Thursday, October 2, 2014

Traveling Baby Part 1: Road trip


Our family is lucky enough to have people who love us all over world. Seriously, we have family and friend all over the United States, Australia, New Zealand, The Middle East, and South America. Michael and I love to travel, and are very excited to take Jack on many adventures. I tried to find blogs from other mom's about traveling with a baby, but most of them were for ones over 6-months-old. I wanted to know what it was like traveling with a baby that can't even sit up yet. So I hope this post helps someone who is up at midnight the night before a trip with their very little one and finds some relief.

This will be a three part post. Next will be air travel, then traveling without baby for the first time.

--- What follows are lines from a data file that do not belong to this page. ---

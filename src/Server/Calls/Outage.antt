-- ===== src/Server/Calls/Outage.antt =====
-- The client threads whatever the log and the breaker do.
use dist_cache.Prelude.{ℕ, ◌+◌, ◌≡◌, ◌∙◌, ap, List, ◌∷◌, ◌++◌, arith, All, All-split, length}
use dist_cache.Wal.{Record}
use dist_cache.Server.Client.{client_requests}
use dist_cache.Server.Writes.{IsTracked}
use dist_cache.Server.Calls.{Service, Step, call, Reach, begin, later}
use dist_cache.Server.Calls.Counts.{connected, served, total, total-split}
use dist_cache.Prelude.{[]}
use dist_cache.Metrics.{counter}
use dist_cache.Server.Sessions.{failed}
use dist_cache.Startup.Recovery.{values, apply_all}
use dist_cache.Server.Calls.Invariant.{Call-IsCurrent, total-bounded, length-split, retotal}
use dist_cache.Server.Calls.Ledger.{ledger, Call-Kept}
use dist_cache.Server.Calls.Accounts.{
  IsWithin, reporting, answers, asked, failing, Call-failures, Call-Moved, bounded,
}

-- The cache is valid and holds what the writes so far stand for; the log is of whole lines, and its
-- records, the waiting ones and those that it has lost are together those writes, each as often; it
-- has lost one for each failure that is counted or that a client has still to count.
-- Each client that is in is a connection, each of its rounds is counted as a success, a failure or a
-- refusal, and each that was let through is measured.
pub record IsAccounted {D : Type 0} (capacity : ℕ) (s : Service D) : Type 0 where
  pub lost : List Record
  pub tracked : IsTracked capacity (ledger s lost)
  pub seen : values s.session.server.cache ≡ apply_all capacity [] s.history
  pub refused : length lost ≡ counter failed s.session.metrics + total failing s.stages
  pub connections : s.session.connection_count ≡ total connected s.stages
  pub requests : asked s.session ≡ total served s.stages
  pub measures : s.session.metrics.request_count ≡ answers s.session + total reporting s.stages
  pub within : All IsWithin s.stages
  pub few : length s.stages ≡ 3

module _ {D : Type 0} (add : D → D → D) (capacity : ℕ) where
  Step-IsAccounted :
      {s t : Service D} → Step add s t → IsAccounted capacity s → IsAccounted capacity t
  Step-IsAccounted {s} (call before after {at} {at'} {session} {history} place moved) v =
      let within_all : All IsWithin (before ++ at ∷ after) = rw (← place) v.within in
      let few : length (before ++ at ∷ after) ≡ 3 = rw (← place) v.few in
      let connections : s.session.connection_count ≡ total connected (before ++ at ∷ after) =
        v.connections ∙ ap (total connected) place in
      let requests : asked s.session ≡ total served (before ++ at ∷ after) =
        v.requests ∙ ap (total served) place in
      let measures : s.session.metrics.request_count
          ≡ answers s.session + total reporting (before ++ at ∷ after) =
        v.measures ∙ ap (λ n. answers s.session + n) (ap (total reporting) place) in
      let (within, put) = All-split IsWithin before at after within_all in
      let in_count = total-bounded IsWithin connected 1 (λ a h. (bounded a h).0) _ within_all in
      let served_count =
        total-bounded IsWithin served client_requests (λ a h. (bounded a h).1) _ within_all in
      let reports = total-bounded IsWithin reporting 1 (λ a h. (bounded a h).2) _ within_all in
      let (shown, within') =
        Call-Moved add moved within
          (omega (arith, connections, total-split connected before at after))
          (omega (arith, connections, in_count, few)) (omega (arith, requests, served_count, few))
          (omega (arith, measures, requests, served_count, reports, few)) in
      let (lost, kept, more) =
        Call-Kept add capacity before after v.lost moved (rw (← place) v.tracked) in
      let refused : length v.lost
          ≡ counter failed s.session.metrics + total failing (before ++ at ∷ after) =
        v.refused ∙ ap (λ n. counter failed s.session.metrics + n) (ap (total failing) place) in
      record {
        lost = lost;
        tracked = kept;
        seen = Call-IsCurrent add capacity moved v.tracked.valid v.tracked.size v.seen;
        refused = omega (
          arith,
          refused,
          more,
          Call-failures add moved (omega (arith, requests, served_count, few)),
          total-split failing before at after,
          total-split failing before at' after,
        );
        connections = retotal connected before after at at' _ _ connections shown.connections;
        requests = retotal served before after at at' _ _ requests shown.requests;
        measures = omega (
          arith,
          measures,
          shown.measures,
          total-split reporting before at after,
          total-split reporting before at' after,
        );
        within = put at' within';
        few = length-split before at at' after ∙ few;
      }

  -- Any calls of three clients, in any order, whether the log takes the records or not and the
  -- breaker lets the requests pass or not, keep the accounts: the cache holds what the writes stand
  -- for, each write is in the log, waits for it or is lost to it, and as many are lost as failures are
  -- counted or have still to be counted; each client that is in is a connection, and each of the
  -- rounds made is counted once and, if it was let through, measured.
  pub Reach-IsAccounted :
      {start s : Service D}
      → IsAccounted capacity start
      → Reach add start s
      → IsAccounted capacity s
  Reach-IsAccounted v begin = v
  Reach-IsAccounted v (later reached step) = Step-IsAccounted step (Reach-IsAccounted v reached)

For the Fourth of July weekend, we went up to Michael's sister's house just outside Sacramento. To avoid the insane traffic from the people heading that way to Lake Tahoe, we decided to leave at 8 PM Wednesday night. Jack goes to bed around that time and usually can fall asleep in the car easily. So, I thought we would get him all ready for bed, put him in the car drowsy and he'd be asleep by the time we hit the freeway. Then he would sleep for the 2 or so hours there, wake for a feeding when we take him out, and then he'll go right back to bed for the night.  We did something similar when we went to Sonoma for the day. He slept most of the way their so I thought this would be just as easy.
He was good and sleepy, so we got in the car.
Wrong. I was so wrong. So very wrong. I blame my husband for his one entirely. I told him very clearly that we need to leave as soon as I am done nursing Jack, while he is still sleepy. I thought I made it clear we had a small window of drowsiness to get to the freeway to lull him to sleep. I told him to pack the entire car and have everything ready to go while I got Jack ready for bed. So I took him the bath and Michael started packing. I thought all he had to do was put the bags in, feed the cats, and get in the car. Well, once Jack was all ready for bed and nursed to drowsy Michael was still running around. I told him we needed to leave and got in the car. I waited 10 minutes in the car and was getting mad. Jack lost his drowsiness and was WIDE AWAKE. Once Michael finally got in the car, he tells me we need to go drop the garage door opener off at his other sister's house so she can feed the cats while we are gone. I was very mad. Why didn't you tell me to do this before!!!! So by the time we drove down the street to her house, Jack was overtired and screaming.  I pulled out a bottle to try to calm him and began to sing to him.
Daddy took too long and now I'm wide awake.
Once were on the freeway, we instantly hit a ton of traffic. Stupid Tahoe traffic.... It took an hour for Jack to fall asleep. I know he would have fallen despite the traffic if we had left when he was drowsy. So between the traffic and being mad at my husband, I was really stressed out and did not want to be stuck in a car for 3 hours. Michael apologized and explained he didn't understand why I was adamant we leave so quickly. But after seeing how Jack reacted, he got it.
This last about 35 minutes.
So I calmed down and decided to close my eyes for a bit .Then I saw little feet moving out the corner of my eye. He woke up! So I spent the next two hours trying to get him back to sleep. Nothing worked, he was wide awake and pissed off. He was crying and reaching out for me. I knew nothing was wrong, he just needed a calm place to go to sleep. But nothing was going to put him to sleep as long as we was in the seat. Of course as soon as we pulled up to the house, he was got quiet and calm. Michael quickly put the pack n' play together while I swaddled and nursed him. He slept like an angel that night, only waking once at 5 AM.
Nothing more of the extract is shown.